Bug 754789

Summary: Cannot create SSH tunnel via rc.local, no route to host
Product: [Fedora] Fedora Reporter: vincent.santamaria
Component: systemdAssignee: systemd-maint
Status: CLOSED ERRATA QA Contact: Fedora Extras Quality Assurance <extras-qa>
Severity: medium Docs Contact:
Priority: unspecified    
Version: 16CC: fedoraproject, gregscott, johannbg, lpoetter, metherid, mschmidt, notting, plautrba, pnewell0705, scott, systemd-maint
Target Milestone: ---   
Target Release: ---   
Hardware: x86_64   
OS: Linux   
Whiteboard:
Fixed In Version: systemd-37-11.fc16 Doc Type: Bug Fix
Doc Text:
Story Points: ---
Clone Of: Environment:
Last Closed: 2012-01-30 20:59:23 UTC Type: ---
Regression: --- Mount Type: ---
Documentation: --- CRM:
Verified Versions: Category: ---
oVirt Team: --- RHEL 7.3 requirements from Atomic Host:
Cloudforms Team: --- Target Upstream Version:
Embargoed:
Attachments:
Description Flags
rc.local file with debugging info
none
file created by the debugging commands none

Description vincent.santamaria 2011-11-17 18:20:53 UTC
Created attachment 534283 [details]
rc.local file with debugging info

Description of problem:
I am unable to create SSH tunnels via /etc/rc.d/rc.local as I have been able to in previous releases of Fedora (Fedora 15 included).

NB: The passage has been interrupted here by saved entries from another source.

-- ===== src/Line.antt =====
-- The two one-line formats of src/lib/logging/logging.rs: `format_array_list_into` and
-- `format_csi_tool_into`, over a buffer of `room` bytes. `none` is the panic of an index out of
-- bounds; core::fmt's `{}` is the decimal and `{:02x}` two lower-case digits.
pub mod Calls
pub mod Array
pub mod Texts
pub mod Tool
pub mod Split
pub mod Names
pub mod Bracketed
pub mod Columns
mod Tests
use esp_csi_rs.Base.{
  ℕ, zero, suc, ◌+◌, ◌-◌, ◌*◌, ◌/◌, ◌%◌, Bool, true, false, Option, none, some, List, [], ◌∷◌, ◌++◌,
  min, ltb, leb, ◌==◌, if◌then◌else◌, length, get_or, take, unwrap_or,
}
use esp_csi_rs.Base.Text.{codes}
use esp_csi_rs.Base.Int.{ℤ}
use esp_csi_rs.Mac.{Mac}
use esp_csi_rs.Decimal.{hex_digits, i32_digits, pad6_digits, u32_digits, write_i8_sep, write_slice}
use esp_csi_rs.Row.{AxRow, ChipRow, ClassicRow, TextRow}

-- `SliceWriter::write_str`, and a `write!` of several pieces, which stops at the first that fails.
unfoldable pub write_fmt : ℕ → List (List ℕ) → List ℕ → List ℕ
write_fmt room [] out = out
write_fmt room (s ∷ pieces) out =
    let rest = write_fmt room pieces (out ++ s) in
    if ltb room (length out + length s) then out else rest

-- Several `write!`s, whose errors are ignored.
unfoldable pub write_calls : ℕ → List (List (List ℕ)) → List ℕ → List ℕ
unfolding write_fmt
write_calls room [] out = out
write_calls room (call ∷ calls) out = write_calls room calls (write_fmt room call out)

abbrev pub display_u32 : ℕ → List ℕ
display_u32 n = unwrap_or (u32_digits n) []

-- `field!`.
abbrev pub field : ℕ → List (List ℕ)
field n = display_u32 n ∷ codes "," ∷ []

abbrev pub signed_field : ℤ → List (List ℕ)
signed_field (ℤ.pos n) = field n
signed_field (ℤ.negsuc n) = codes "-" ∷ field (n + 1)

abbrev pub ax_fields : AxRow → ℕ → List (List (List ℕ)) → List (List (List ℕ))
ax_fields a channel last =
    field a.cur_bb_format
    ∷ field a.rx_channel_estimate_info_vld
    ∷ field a.rx_channel_estimate_len
    ∷ field a.second
    ∷ field channel
    ∷ field a.is_group
    ∷ field a.rxend_state
    ∷ field a.rxmatch3
    ∷ field a.rxmatch2
    ∷ field a.rxmatch1
    ∷ last

abbrev pub chip_fields : ChipRow → ℕ → List (List (List ℕ)) → List (List (List ℕ))
chip_fields (ChipRow.classic c) channel rest =
    field c.secondary_channel
    ∷ field c.sgi
    ∷ field c.antenna
    ∷ field c.ampdu_cnt
    ∷ field c.sig_mode
    ∷ field c.mcs
    ∷ field c.bandwidth
    ∷ field c.smoothing
    ∷ field c.not_sounding
    ∷ field c.aggregation
    ∷ field c.stbc
    ∷ field c.fec_coding
    ∷ rest
chip_fields (ChipRow.ax6 a sigb_len cur_single_mpdu rxmatch0) channel rest =
    field a.dump_len
    ∷ field sigb_len
    ∷ field cur_single_mpdu
    ∷ ax_fields a channel (field rxmatch0 ∷ rest)
chip_fields (ChipRow.ax5 a) channel rest = field a.dump_len ∷ ax_fields a channel rest

-- The `write!`s before the samples.
abbrev pub array_header : TextRow → List (List (List ℕ))
array_header row =
    (codes "[" ∷ field row.sequence_number)
    ∷ signed_field row.rssi
    ∷ field row.rate
    ∷ signed_field row.noise_floor
    ∷ field row.channel
    ∷ field row.timestamp
    ∷ field row.sig_len
    ∷ field row.rx_state
    ∷ chip_fields row.by_chip row.channel
        (field row.sig_len ∷ field row.csi_data_len ∷ (codes "[" ∷ []) ∷ [])

abbrev pub lower_digit : ℕ → ℕ
lower_digit n = get_or (codes "0123456789abcdef") n 0

abbrev pub mac_call : List ℕ → ℕ → List (List ℕ)
mac_call sep b = sep ∷ (lower_digit (b / 16 % 16) ∷ lower_digit (b % 16) ∷ []) ∷ []

-- The `write!`s behind the samples.
abbrev pub array_tail : Mac → List (List (List ℕ))
array_tail m =
    (codes "]," ∷ [])
    ∷ mac_call [] m.b0
    ∷ mac_call (codes ":") m.b1
    ∷ mac_call (codes ":") m.b2
    ∷ mac_call (codes ":") m.b3
    ∷ mac_call (codes ":") m.b4
    ∷ mac_call (codes ":") m.b5
    ∷ ((b']' ∷ 13 ∷ 10 ∷ []) ∷ [])
    ∷ []

abbrev pub tail_reserve : ℕ
tail_reserve = 2 + 17 + 3

abbrev pub and_then : Option (List ℕ) → (List ℕ → Option (List ℕ)) → Option (List ℕ)
and_then none f = none
and_then (some out) f = f out

-- `w.pos -= 1`.
abbrev pub rewind : List ℕ → Option (List ℕ)
rewind out = some (take (length out - 1) out)

-- The loop over the samples; the last one's separator is taken back.
unfoldable pub write_samples : ℕ → List ℤ → List ℕ → Option (List ℕ)
unfolding write_i8_sep
write_samples room [] out = some out
write_samples room (v ∷ []) out = and_then (write_i8_sep room v b',' out) rewind
write_samples room (v ∷ w ∷ vs) out =
    and_then (write_i8_sep room v b',' out) (write_samples room (w ∷ vs))

abbrev pub write_tail : ℕ → Mac → List ℕ → Option (List ℕ)
write_tail room mac out = some (write_calls room (array_tail mac) out)

-- The bytes written, of which there are none for a line that is refused.
unfoldable pub format_array_list_into : ℕ → TextRow → Option (List ℕ)
unfolding write_calls write_samples
format_array_list_into room row =
    let out = write_calls room (array_header row) [] in
    if ltb room (length out + length row.samples * 5 + tail_reserve)
    then some []
    else and_then (write_samples room row.samples out) (write_tail room row.mac)

-- `Role`.
pub data Role : Type 0 where
  sta ap passive : Role

-- `Role::as_str`.
abbrev pub role_text : Role → List ℕ
role_text Role.sta = codes "STA"
role_text Role.ap = codes "AP"
role_text Role.passive = codes "PASSIVE"

-- `ESP_CSI_TOOL_HEADER`, which goes before the first line.
abbrev pub esp_csi_tool_header : List ℕ
esp_csi_tool_header =
    codes
      "type,role,mac,rssi,rate,sig_mode,mcs,bandwidth,smoothing,not_sounding,aggregation,stbc,fec_coding,sgi,noise_floor,ampdu_cnt,channel,secondary_channel,local_timestamp,ant,sig_len,rx_state,real_time_set,real_timestamp,len,CSI_DATA"
    ++ (10 ∷ [])

-- A column of the ESP32-CSI-Tool line: a constant, a `u32`, an `i32`, an address, or a time in
-- seconds and microseconds.
pub data Column : Type 0 where
  constant : List ℕ → Column
  number : ℕ → Column
  integer : ℤ → Column
  address : Mac → Column
  seconds : ℕ → Column

-- The writes of a column, in order; `none` is the panic of `tmp`.
abbrev pub column_writes : Column → List (Option (List ℕ))
column_writes (Column.constant s) = some s ∷ []
column_writes (Column.number n) = u32_digits n ∷ []
column_writes (Column.integer z) = i32_digits z ∷ []
column_writes (Column.address m) =
    some (hex_digits m.b0)
    ∷ some (codes ":")
    ∷ some (hex_digits m.b1)
    ∷ some (codes ":")
    ∷ some (hex_digits m.b2)
    ∷ some (codes ":")
    ∷ some (hex_digits m.b3)
    ∷ some (codes ":")
    ∷ some (hex_digits m.b4)
    ∷ some (codes ":")
    ∷ some (hex_digits m.b5)
    ∷ []
column_writes (Column.seconds t) =
    u32_digits (t / 1_000_000) ∷ some (codes ".") ∷ some (pad6_digits (t % 1_000_000)) ∷ []

unfoldable pub write_list : ℕ → List (Option (List ℕ)) → List ℕ → Option (List ℕ)
write_list room [] out = some out
write_list room (none ∷ writes) out = none
write_list room (some s ∷ writes) out = and_then (write_slice room s out) (write_list room writes)

-- Columns, each with a comma behind it.
abbrev pub columns_writes : List Column → List (Option (List ℕ))
columns_writes [] = []
columns_writes (c ∷ cs) = column_writes c ++ (some (codes ",") ∷ columns_writes cs)

abbrev pub unreported : Column
unreported = Column.constant (codes "0")

-- Columns 6 to 22.
abbrev pub chip_columns : TextRow → ChipRow → List Column → List Column
chip_columns row (ChipRow.classic c) rest =
    Column.number c.sig_mode
    ∷ Column.number c.mcs
    ∷ Column.number c.bandwidth
    ∷ Column.number c.smoothing
    ∷ Column.number c.not_sounding
    ∷ Column.number c.aggregation
    ∷ Column.number c.stbc
    ∷ Column.number c.fec_coding
    ∷ Column.number c.sgi
    ∷ Column.integer row.noise_floor
    ∷ Column.number c.ampdu_cnt
    ∷ Column.number row.channel
    ∷ Column.number c.secondary_channel
    ∷ Column.number row.timestamp
    ∷ Column.number c.antenna
    ∷ Column.number row.sig_len
    ∷ Column.number row.rx_state
    ∷ rest
chip_columns row _ rest =
    unreported
    ∷ unreported
    ∷ unreported
    ∷ unreported
    ∷ unreported
    ∷ unreported
    ∷ unreported
    ∷ unreported
    ∷ unreported
    ∷ Column.integer row.noise_floor
    ∷ unreported
    ∷ Column.number row.channel
    ∷ unreported
    ∷ Column.number row.timestamp
    ∷ unreported
    ∷ Column.number row.sig_len
    ∷ Column.number row.rx_state
    ∷ rest

-- `emit_len`, under the cap `CSI_TOOL_EMIT_CAP`.
abbrev pub emit_len : ℕ → TextRow → ℕ
emit_len cap row = if cap == 0 then length row.samples else min (length row.samples) cap

-- The 25 columns before the samples.
unfoldable pub tool_columns : Role → ℕ → TextRow → List Column
tool_columns role cap row =
    Column.constant (codes "CSI_DATA")
    ∷ Column.constant (role_text role)
    ∷ Column.address row.mac
    ∷ Column.integer row.rssi
    ∷ Column.number row.rate
    ∷ chip_columns row row.by_chip (
        Column.number (if row.date_time_set then 1 else 0)
        ∷ Column.seconds row.timestamp
        ∷ Column.number (emit_len cap row)
        ∷ [])

-- The loop over the samples, which stops where five bytes may not fit.
unfoldable pub write_body : ℕ → ℕ → List ℤ → List ℕ → Option (List ℕ)
write_body room body_cap [] out = some out
write_body room body_cap (v ∷ vs) out =
    if ltb body_cap (length out + 5)
    then some out
    else and_then (write_i8_sep room v b' ' out) (write_body room body_cap vs)

unfoldable pub format_csi_tool_into : ℕ → Role → ℕ → TextRow → Option (List ℕ)
unfolding write_list write_body write_slice
format_csi_tool_into room role cap row =
    and_then
      (and_then
        (write_list room (columns_writes (tool_columns role cap row) ++ (some (codes "[") ∷ [])) [])
        (write_body room (room - 2) (take (emit_len cap row) row.samples)))
      (write_slice room (b']' ∷ 10 ∷ []))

I have tested this across three different systems:

1. Physical machine, same subnet as tunnel target, Fedora 16 installed as upgrade
2. Physical machine, different subnet as tunnel target, Fedora 16 installed as upgrade
3. Virtual machine, same subnet as tunnel target, Fedora 16 installed from scratch

/etc/rc.d/rc.local has its permissions set to 755, and if the script is run manually all commands within execute without issue.

/var/log/boot.log shows:

"ssh: Could not resolve hostname server1: Name or service not known
...
Starting /etc/rc.local Compatibility failed, see 'systemctl status rc-local.service' for details"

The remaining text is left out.